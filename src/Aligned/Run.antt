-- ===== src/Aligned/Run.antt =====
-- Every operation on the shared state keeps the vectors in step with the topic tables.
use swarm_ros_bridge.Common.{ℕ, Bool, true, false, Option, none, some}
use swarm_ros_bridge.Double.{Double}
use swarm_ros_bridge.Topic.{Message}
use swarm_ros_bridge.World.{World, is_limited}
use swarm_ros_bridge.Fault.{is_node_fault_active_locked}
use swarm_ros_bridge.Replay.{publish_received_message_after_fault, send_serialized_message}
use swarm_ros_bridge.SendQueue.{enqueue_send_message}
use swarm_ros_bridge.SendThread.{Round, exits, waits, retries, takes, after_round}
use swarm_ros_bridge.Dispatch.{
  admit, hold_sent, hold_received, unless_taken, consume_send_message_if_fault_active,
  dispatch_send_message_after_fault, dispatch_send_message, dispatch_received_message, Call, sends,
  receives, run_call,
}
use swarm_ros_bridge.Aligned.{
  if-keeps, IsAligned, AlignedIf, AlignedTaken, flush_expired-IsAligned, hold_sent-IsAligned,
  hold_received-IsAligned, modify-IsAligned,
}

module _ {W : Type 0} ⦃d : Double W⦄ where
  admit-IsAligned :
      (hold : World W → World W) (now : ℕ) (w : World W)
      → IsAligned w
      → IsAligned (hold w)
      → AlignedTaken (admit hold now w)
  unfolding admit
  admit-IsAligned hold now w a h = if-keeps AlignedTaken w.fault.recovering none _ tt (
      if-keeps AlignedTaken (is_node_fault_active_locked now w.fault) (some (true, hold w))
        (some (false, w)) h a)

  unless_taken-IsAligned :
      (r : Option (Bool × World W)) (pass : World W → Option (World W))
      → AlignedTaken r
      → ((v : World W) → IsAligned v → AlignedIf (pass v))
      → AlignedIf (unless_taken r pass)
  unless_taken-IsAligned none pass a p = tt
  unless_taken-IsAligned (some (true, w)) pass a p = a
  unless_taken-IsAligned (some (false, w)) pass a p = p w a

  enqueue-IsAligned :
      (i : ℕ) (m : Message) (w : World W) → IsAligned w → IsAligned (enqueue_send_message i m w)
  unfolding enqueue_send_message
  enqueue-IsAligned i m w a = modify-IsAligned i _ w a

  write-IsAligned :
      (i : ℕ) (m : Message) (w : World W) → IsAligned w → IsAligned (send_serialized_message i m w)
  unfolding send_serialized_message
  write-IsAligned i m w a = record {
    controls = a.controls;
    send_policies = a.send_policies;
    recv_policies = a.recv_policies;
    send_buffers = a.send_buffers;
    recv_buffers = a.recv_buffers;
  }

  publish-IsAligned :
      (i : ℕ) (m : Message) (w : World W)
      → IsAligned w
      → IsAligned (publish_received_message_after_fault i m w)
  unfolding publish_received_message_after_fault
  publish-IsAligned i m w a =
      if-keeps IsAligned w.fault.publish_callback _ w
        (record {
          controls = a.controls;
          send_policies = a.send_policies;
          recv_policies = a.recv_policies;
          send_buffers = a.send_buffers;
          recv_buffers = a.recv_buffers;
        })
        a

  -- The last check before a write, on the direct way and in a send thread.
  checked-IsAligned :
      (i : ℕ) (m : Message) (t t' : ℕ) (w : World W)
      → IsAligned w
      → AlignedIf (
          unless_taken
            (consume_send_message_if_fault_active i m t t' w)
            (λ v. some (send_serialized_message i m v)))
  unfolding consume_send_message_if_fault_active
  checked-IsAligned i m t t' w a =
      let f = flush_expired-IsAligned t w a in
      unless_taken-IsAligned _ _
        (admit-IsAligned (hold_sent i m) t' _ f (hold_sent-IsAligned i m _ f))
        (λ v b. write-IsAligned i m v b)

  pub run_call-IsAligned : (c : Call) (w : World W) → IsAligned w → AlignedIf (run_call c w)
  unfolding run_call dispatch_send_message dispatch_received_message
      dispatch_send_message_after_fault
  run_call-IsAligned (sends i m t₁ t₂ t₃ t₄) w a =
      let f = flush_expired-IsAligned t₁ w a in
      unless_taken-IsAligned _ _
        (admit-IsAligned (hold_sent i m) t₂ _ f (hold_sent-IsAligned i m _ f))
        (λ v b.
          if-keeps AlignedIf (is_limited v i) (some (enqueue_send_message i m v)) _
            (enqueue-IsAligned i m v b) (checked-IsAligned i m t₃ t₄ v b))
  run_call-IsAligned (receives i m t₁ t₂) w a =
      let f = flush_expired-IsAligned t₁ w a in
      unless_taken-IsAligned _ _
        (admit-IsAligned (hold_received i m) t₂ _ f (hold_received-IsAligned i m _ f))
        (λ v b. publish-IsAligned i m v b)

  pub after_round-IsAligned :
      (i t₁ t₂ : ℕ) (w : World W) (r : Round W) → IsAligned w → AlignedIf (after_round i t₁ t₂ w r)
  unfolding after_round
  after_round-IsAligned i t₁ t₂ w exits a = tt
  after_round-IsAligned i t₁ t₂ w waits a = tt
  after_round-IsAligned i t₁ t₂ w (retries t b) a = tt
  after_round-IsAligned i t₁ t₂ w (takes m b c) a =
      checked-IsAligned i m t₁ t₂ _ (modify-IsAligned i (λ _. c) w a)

--

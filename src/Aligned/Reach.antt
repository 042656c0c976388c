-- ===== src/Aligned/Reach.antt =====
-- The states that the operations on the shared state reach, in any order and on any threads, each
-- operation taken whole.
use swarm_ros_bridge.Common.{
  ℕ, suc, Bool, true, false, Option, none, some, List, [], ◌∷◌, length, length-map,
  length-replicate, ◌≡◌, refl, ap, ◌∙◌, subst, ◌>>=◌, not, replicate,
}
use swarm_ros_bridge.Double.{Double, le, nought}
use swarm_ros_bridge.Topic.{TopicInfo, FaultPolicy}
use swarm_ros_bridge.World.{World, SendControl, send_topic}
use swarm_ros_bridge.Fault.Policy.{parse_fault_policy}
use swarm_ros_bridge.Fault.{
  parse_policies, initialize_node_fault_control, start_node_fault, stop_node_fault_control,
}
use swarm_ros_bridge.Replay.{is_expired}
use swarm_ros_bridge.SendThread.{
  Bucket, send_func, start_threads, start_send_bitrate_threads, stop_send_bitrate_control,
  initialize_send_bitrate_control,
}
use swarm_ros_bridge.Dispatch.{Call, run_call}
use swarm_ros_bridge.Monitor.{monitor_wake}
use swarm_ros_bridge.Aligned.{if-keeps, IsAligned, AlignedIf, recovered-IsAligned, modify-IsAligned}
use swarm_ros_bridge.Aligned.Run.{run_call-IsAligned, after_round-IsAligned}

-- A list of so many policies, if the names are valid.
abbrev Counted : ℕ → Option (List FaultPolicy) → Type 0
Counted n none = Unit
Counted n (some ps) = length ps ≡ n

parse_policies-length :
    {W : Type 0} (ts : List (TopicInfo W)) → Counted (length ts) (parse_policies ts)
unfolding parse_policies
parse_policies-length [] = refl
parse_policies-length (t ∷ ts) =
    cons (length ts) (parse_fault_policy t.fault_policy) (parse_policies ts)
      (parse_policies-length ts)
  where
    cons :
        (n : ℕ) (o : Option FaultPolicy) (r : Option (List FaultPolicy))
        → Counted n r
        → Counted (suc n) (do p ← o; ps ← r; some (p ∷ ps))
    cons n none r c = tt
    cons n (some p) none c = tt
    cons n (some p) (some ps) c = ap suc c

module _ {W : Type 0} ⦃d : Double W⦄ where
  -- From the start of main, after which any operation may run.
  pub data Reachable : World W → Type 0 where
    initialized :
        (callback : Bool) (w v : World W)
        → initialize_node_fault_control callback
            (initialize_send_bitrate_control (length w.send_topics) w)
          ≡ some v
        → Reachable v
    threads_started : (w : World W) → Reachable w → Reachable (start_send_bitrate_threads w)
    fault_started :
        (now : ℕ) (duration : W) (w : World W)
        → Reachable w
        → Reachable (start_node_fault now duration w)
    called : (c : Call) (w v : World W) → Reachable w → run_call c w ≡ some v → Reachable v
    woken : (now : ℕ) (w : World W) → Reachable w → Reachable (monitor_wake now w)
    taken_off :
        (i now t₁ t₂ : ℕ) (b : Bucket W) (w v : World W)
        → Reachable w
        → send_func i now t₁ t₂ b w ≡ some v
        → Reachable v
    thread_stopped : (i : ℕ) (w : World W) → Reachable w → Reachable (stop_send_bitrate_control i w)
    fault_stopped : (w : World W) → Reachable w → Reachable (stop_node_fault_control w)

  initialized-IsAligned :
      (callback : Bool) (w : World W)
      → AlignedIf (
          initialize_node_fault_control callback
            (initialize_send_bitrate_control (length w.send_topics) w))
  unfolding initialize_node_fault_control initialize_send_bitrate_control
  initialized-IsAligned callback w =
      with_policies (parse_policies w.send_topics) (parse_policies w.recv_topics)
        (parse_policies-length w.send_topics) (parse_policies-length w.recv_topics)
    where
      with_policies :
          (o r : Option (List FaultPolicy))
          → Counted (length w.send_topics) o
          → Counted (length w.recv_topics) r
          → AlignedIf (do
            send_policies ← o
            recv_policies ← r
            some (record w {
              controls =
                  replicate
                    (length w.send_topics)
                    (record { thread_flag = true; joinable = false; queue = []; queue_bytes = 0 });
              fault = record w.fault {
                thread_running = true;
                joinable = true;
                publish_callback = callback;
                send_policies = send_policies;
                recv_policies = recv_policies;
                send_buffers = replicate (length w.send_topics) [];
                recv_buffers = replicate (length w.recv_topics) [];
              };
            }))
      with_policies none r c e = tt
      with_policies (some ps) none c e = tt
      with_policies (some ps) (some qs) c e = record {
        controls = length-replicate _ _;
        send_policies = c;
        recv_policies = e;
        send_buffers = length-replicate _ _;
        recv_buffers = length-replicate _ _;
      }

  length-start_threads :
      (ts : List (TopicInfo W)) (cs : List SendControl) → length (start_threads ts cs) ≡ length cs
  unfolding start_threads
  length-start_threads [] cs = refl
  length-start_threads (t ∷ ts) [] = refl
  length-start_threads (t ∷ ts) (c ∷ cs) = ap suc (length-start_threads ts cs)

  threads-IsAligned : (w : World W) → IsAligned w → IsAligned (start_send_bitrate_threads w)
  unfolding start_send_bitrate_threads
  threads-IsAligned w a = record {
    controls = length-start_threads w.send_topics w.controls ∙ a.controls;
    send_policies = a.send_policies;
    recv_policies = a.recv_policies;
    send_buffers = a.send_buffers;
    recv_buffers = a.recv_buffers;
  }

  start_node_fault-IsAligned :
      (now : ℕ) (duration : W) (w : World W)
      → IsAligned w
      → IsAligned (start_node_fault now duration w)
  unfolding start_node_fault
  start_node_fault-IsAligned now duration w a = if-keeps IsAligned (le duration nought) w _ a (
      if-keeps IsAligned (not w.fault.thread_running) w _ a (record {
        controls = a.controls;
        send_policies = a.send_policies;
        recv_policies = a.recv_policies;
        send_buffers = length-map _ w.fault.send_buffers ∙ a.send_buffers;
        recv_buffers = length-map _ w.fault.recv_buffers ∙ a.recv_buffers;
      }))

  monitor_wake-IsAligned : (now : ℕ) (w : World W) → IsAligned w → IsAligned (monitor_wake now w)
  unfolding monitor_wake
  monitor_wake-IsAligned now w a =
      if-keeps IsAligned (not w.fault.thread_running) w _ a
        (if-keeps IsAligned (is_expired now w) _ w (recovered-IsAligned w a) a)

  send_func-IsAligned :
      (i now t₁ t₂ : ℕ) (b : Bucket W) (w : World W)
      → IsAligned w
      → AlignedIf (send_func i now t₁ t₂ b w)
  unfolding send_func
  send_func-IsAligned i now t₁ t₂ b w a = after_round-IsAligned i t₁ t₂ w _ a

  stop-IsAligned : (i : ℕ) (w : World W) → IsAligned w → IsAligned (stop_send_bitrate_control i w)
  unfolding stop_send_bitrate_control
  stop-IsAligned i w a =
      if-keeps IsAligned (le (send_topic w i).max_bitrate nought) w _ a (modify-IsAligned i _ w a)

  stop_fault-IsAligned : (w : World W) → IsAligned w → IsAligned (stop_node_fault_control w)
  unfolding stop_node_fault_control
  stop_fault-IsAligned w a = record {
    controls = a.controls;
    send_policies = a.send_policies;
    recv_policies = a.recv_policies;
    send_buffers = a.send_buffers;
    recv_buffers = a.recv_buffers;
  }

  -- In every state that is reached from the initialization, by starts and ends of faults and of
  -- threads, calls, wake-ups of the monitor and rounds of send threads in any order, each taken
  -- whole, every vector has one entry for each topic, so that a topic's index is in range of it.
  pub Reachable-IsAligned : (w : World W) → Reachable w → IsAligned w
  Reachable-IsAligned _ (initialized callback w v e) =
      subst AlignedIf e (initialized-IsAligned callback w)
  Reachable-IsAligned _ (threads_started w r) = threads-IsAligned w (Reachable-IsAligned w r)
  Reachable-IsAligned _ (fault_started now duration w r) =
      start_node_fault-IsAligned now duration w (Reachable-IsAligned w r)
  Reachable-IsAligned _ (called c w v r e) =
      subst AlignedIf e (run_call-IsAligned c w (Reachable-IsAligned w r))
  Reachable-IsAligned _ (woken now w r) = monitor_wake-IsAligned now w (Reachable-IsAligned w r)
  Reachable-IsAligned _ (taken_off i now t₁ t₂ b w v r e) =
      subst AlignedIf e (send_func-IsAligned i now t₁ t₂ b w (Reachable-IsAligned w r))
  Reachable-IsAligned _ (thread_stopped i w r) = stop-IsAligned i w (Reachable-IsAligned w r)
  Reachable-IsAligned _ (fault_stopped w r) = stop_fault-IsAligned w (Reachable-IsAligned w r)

| Problem details |
Output the material above exactly, but only from the line that carries "thread_running = true;" through the line that carries "with_policies (some ps) none c e = tt".

| Written reply |
                thread_running = true;
                joinable = true;
                publish_callback = callback;
                send_policies = send_policies;
                recv_policies = recv_policies;
                send_buffers = replicate (length w.send_topics) [];
                recv_buffers = replicate (length w.recv_topics) [];
              };
            }))
      with_policies none r c e = tt
      with_policies (some ps) none c e = tt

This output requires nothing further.